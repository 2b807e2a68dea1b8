-- ===== src/Device/Touch/Service.antt =====
-- lib/units/device/plugins/touch/index.js: how the minitouch service is connected to, what it says first,
-- and how it is ended.
mod Retries
use mercury_farm.Base.{
  ℕ, suc, zero, ◌*◌, Bool, true, false, Option, none, some, List, [], ◌∷◌, ◌==◌, if◌then◌else◌,
}
use mercury_farm.Base.Text.{String, str_eq}
use mercury_farm.Device.Touch.State.{Banner}

-- what opening the socket comes to: it is closed, or there is another error
pub data Attempt : Type 0 where
  opens closes breaks : Attempt

-- `tryConnect`: the waits, and whether it connects; none while an attempt is going on
unfoldable pub try_connect : ℕ → ℕ → List Attempt → List ℕ × Option Bool
try_connect times delay [] = ([], none)
try_connect times delay (opens ∷ attempts) = ([], some true)
try_connect times delay (breaks ∷ attempts) = ([], some false)
try_connect zero delay (closes ∷ attempts) = ([], some false)
try_connect (suc zero) delay (closes ∷ attempts) = ([], some false)
try_connect (suc (suc times)) delay (closes ∷ attempts) =
    let rest = try_connect (suc times) (delay * 2) attempts in (delay ∷ rest.0, rest.1)

-- `_connectService`
unfoldable pub connect_service : List Attempt → List ℕ × Option Bool
connect_service attempts = try_connect 7 100 attempts

-- what waiting for the end of the service after a signal comes to
pub data Killed : Type 0 where
  ends times_out breaks : Killed

pub data Ending : Type 0 where
  sig_term sig_kill ends_output : Ending

abbrev kill_again : Killed → List Ending
kill_again ends = sig_kill ∷ []
kill_again _ = sig_kill ∷ ends_output ∷ []

abbrev kill : Killed → Killed → List Ending
kill ends again = sig_term ∷ []
kill times_out again = sig_term ∷ kill_again again
kill breaks again = sig_term ∷ ends_output ∷ []

-- `_stopService`, of an output that goes on or not; without a banner the process is not known
unfoldable pub stop_service : Bool → Option Banner → Killed → Killed → List Ending
stop_service false banner first again = []
stop_service true none first again = ends_output ∷ []
stop_service true (some b) first again = if b.pid == 0 then ends_output ∷ [] else kill first again

-- a line of the banner, split: its name, and its numbers, which are there
module _ {ℓ} {V : Type ℓ} where
  unfoldable pub read_line : String → String × V → Option V
  read_line name line = if str_eq line.0 name then some line.1 else none

-- `_readBanner`: the version, the limits (the contacts, x, y and the pressure) and the pid
unfoldable pub read_banner : String × ℕ → String × (ℕ × ℕ × ℕ × ℕ) → String × ℕ → Option Banner
read_banner version limits pid = elim (read_line "v" version) [
  | none ↦ none
  | some v ↦ elim (read_line "^" limits) [
    | none ↦ none
    | some l ↦ elim (read_line "$" pid) [
      | none ↦ none
      | some p ↦ some (record { pid = p; max_x = l.1; max_y = l.2; max_pressure = l.3 })
    ]
  ]
]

· · · ·

▶ EXERCISE AIM
Line for line, the material above should be repeated exactly.

▶ THE ANSWER
repository 2b807e2a68dea1b8
-- ===== src/Device/Touch/Service.antt =====
-- lib/units/device/plugins/touch/index.js: how the minitouch service is connected to, what it says first,
-- and how it is ended.
mod Retries
use mercury_farm.Base.{
  ℕ, suc, zero, ◌*◌, Bool, true, false, Option, none, some, List, [], ◌∷◌, ◌==◌, if◌then◌else◌,
}
use mercury_farm.Base.Text.{String, str_eq}
use mercury_farm.Device.Touch.State.{Banner}

-- what opening the socket comes to: it is closed, or there is another error
pub data Attempt : Type 0 where
  opens closes breaks : Attempt

-- `tryConnect`: the waits, and whether it connects; none while an attempt is going on
unfoldable pub try_connect : ℕ → ℕ → List Attempt → List ℕ × Option Bool
try_connect times delay [] = ([], none)
try_connect times delay (opens ∷ attempts) = ([], some true)
try_connect times delay (breaks ∷ attempts) = ([], some false)
try_connect zero delay (closes ∷ attempts) = ([], some false)
try_connect (suc zero) delay (closes ∷ attempts) = ([], some false)
try_connect (suc (suc times)) delay (closes ∷ attempts) =
    let rest = try_connect (suc times) (delay * 2) attempts in (delay ∷ rest.0, rest.1)

-- `_connectService`
unfoldable pub connect_service : List Attempt → List ℕ × Option Bool
connect_service attempts = try_connect 7 100 attempts

-- what waiting for the end of the service after a signal comes to
pub data Killed : Type 0 where
  ends times_out breaks : Killed

pub data Ending : Type 0 where
  sig_term sig_kill ends_output : Ending

abbrev kill_again : Killed → List Ending
kill_again ends = sig_kill ∷ []
kill_again _ = sig_kill ∷ ends_output ∷ []

abbrev kill : Killed → Killed → List Ending
kill ends again = sig_term ∷ []
kill times_out again = sig_term ∷ kill_again again
kill breaks again = sig_term ∷ ends_output ∷ []

-- `_stopService`, of an output that goes on or not; without a banner the process is not known
unfoldable pub stop_service : Bool → Option Banner → Killed → Killed → List Ending
stop_service false banner first again = []
stop_service true none first again = ends_output ∷ []
stop_service true (some b) first again = if b.pid == 0 then ends_output ∷ [] else kill first again

-- a line of the banner, split: its name, and its numbers, which are there
module _ {ℓ} {V : Type ℓ} where
  unfoldable pub read_line : String → String × V → Option V
  read_line name line = if str_eq line.0 name then some line.1 else none

-- `_readBanner`: the version, the limits (the contacts, x, y and the pressure) and the pid
unfoldable pub read_banner : String × ℕ → String × (ℕ × ℕ × ℕ × ℕ) → String × ℕ → Option Banner
read_banner version limits pid = elim (read_line "v" version) [
  | none ↦ none
  | some v ↦ elim (read_line "^" limits) [
    | none ↦ none
    | some l ↦ elim (read_line "$" pid) [
      | none ↦ none
      | some p ↦ some (record { pid = p; max_x = l.1; max_y = l.2; max_pressure = l.3 })
    ]
  ]
]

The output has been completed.